Start of Material shown

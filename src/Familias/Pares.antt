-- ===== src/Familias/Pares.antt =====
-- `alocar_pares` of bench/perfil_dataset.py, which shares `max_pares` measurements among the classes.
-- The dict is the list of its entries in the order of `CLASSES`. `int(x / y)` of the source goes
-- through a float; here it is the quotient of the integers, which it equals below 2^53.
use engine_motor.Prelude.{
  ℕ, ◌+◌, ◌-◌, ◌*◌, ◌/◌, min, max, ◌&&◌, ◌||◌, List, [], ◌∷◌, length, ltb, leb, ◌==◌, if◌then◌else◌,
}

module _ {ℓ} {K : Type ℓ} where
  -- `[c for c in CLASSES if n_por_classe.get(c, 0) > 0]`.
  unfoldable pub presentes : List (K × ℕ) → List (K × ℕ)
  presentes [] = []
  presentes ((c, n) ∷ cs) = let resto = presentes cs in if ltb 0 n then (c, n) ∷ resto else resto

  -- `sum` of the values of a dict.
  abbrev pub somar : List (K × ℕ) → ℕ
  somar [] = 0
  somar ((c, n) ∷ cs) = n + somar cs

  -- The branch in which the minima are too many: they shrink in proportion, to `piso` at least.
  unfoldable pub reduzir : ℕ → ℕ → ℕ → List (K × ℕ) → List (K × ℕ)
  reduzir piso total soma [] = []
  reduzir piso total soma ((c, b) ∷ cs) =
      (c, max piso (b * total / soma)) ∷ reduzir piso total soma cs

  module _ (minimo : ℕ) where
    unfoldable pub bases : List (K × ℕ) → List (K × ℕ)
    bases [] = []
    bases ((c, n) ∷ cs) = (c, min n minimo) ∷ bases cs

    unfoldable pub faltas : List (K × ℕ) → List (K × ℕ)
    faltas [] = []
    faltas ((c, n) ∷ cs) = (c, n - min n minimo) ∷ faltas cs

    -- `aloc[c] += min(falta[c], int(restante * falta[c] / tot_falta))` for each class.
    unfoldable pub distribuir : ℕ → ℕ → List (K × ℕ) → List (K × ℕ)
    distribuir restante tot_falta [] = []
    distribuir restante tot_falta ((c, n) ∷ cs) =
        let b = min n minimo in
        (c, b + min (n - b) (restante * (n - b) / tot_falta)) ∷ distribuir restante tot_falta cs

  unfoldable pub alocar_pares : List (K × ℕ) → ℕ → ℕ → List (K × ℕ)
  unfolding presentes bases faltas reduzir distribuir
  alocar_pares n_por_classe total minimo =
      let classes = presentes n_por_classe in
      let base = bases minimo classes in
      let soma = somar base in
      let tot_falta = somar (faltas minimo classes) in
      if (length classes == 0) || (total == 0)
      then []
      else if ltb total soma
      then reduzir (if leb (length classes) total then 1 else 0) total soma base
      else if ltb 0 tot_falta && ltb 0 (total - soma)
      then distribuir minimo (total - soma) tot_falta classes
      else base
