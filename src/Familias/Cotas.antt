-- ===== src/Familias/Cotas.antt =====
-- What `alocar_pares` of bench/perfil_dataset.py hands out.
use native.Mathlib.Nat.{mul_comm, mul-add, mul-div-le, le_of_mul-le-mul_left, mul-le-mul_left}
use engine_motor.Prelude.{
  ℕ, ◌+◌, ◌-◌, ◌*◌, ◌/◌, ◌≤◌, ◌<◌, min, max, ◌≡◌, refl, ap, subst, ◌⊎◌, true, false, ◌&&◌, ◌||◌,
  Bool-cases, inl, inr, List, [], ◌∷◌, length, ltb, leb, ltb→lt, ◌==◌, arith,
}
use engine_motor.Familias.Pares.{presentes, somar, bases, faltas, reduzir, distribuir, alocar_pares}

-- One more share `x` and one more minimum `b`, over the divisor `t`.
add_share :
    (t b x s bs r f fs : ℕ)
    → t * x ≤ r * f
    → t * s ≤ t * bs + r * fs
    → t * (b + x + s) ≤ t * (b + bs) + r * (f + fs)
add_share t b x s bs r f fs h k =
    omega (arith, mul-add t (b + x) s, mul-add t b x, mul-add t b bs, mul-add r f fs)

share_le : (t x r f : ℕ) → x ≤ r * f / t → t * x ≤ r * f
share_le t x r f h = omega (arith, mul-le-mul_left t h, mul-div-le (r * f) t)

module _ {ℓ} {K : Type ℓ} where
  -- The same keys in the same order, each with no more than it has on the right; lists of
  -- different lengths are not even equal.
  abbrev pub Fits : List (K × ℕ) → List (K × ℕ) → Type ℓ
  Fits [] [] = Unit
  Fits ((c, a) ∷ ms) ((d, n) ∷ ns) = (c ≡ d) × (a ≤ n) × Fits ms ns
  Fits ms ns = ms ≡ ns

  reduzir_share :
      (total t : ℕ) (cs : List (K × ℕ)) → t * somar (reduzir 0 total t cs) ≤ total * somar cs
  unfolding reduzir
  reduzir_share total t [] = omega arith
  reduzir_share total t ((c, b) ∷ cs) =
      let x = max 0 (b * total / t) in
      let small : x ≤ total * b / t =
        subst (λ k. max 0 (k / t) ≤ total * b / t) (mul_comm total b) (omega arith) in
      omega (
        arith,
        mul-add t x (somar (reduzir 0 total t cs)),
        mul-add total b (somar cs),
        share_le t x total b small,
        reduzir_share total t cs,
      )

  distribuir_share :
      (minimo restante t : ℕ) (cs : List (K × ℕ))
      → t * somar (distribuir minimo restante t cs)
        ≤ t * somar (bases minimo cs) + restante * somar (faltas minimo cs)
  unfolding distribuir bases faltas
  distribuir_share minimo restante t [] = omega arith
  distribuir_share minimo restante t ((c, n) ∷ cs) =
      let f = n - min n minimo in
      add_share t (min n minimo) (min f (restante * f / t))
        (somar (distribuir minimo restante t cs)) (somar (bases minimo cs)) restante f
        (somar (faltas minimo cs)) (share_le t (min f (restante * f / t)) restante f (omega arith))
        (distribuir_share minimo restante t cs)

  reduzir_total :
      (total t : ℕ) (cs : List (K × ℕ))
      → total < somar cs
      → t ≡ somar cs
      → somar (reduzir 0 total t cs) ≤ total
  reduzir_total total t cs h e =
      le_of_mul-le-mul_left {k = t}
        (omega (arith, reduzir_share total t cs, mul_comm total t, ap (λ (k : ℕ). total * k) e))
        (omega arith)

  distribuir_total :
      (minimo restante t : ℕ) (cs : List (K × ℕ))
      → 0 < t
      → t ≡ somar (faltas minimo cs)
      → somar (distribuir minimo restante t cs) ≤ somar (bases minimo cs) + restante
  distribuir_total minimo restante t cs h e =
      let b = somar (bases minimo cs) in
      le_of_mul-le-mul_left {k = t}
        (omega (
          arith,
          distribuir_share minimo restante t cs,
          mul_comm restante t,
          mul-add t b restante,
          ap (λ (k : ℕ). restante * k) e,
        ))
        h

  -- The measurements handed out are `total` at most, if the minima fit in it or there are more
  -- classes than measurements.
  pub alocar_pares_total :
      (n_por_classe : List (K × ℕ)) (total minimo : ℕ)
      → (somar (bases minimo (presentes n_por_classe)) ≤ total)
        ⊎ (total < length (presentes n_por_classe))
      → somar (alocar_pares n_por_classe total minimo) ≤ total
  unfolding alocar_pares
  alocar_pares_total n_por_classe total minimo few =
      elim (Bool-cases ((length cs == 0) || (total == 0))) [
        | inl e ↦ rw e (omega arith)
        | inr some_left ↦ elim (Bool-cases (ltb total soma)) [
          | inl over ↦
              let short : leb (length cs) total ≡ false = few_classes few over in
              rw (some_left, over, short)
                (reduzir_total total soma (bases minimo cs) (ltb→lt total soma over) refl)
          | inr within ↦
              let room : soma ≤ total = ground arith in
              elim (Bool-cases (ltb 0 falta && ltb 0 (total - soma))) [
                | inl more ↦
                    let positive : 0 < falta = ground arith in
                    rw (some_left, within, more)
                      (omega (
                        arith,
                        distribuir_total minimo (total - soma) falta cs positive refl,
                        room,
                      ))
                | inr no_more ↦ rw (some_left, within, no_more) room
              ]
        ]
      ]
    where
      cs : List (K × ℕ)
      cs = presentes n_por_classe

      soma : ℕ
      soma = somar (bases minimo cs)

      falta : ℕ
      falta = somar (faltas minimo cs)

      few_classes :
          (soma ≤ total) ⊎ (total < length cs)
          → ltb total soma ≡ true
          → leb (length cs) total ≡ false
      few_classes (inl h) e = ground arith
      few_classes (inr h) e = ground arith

End of Material shown

> _Your goal_: Set down the lines above as they stand, starting with the first line and ending with the line that contains "somar ((c, n) ∷ cs) = n + somar cs".

> _Answer_:
filename src/Familias/Pares.antt
-- ===== src/Familias/Pares.antt =====
-- `alocar_pares` of bench/perfil_dataset.py, which shares `max_pares` measurements among the classes.
-- The dict is the list of its entries in the order of `CLASSES`. `int(x / y)` of the source goes
-- through a float; here it is the quotient of the integers, which it equals below 2^53.
use engine_motor.Prelude.{
  ℕ, ◌+◌, ◌-◌, ◌*◌, ◌/◌, min, max, ◌&&◌, ◌||◌, List, [], ◌∷◌, length, ltb, leb, ◌==◌, if◌then◌else◌,
}

module _ {ℓ} {K : Type ℓ} where
  -- `[c for c in CLASSES if n_por_classe.get(c, 0) > 0]`.
  unfoldable pub presentes : List (K × ℕ) → List (K × ℕ)
  presentes [] = []
  presentes ((c, n) ∷ cs) = let resto = presentes cs in if ltb 0 n then (c, n) ∷ resto else resto

  -- `sum` of the values of a dict.
  abbrev pub somar : List (K × ℕ) → ℕ
  somar [] = 0
  somar ((c, n) ∷ cs) = n + somar cs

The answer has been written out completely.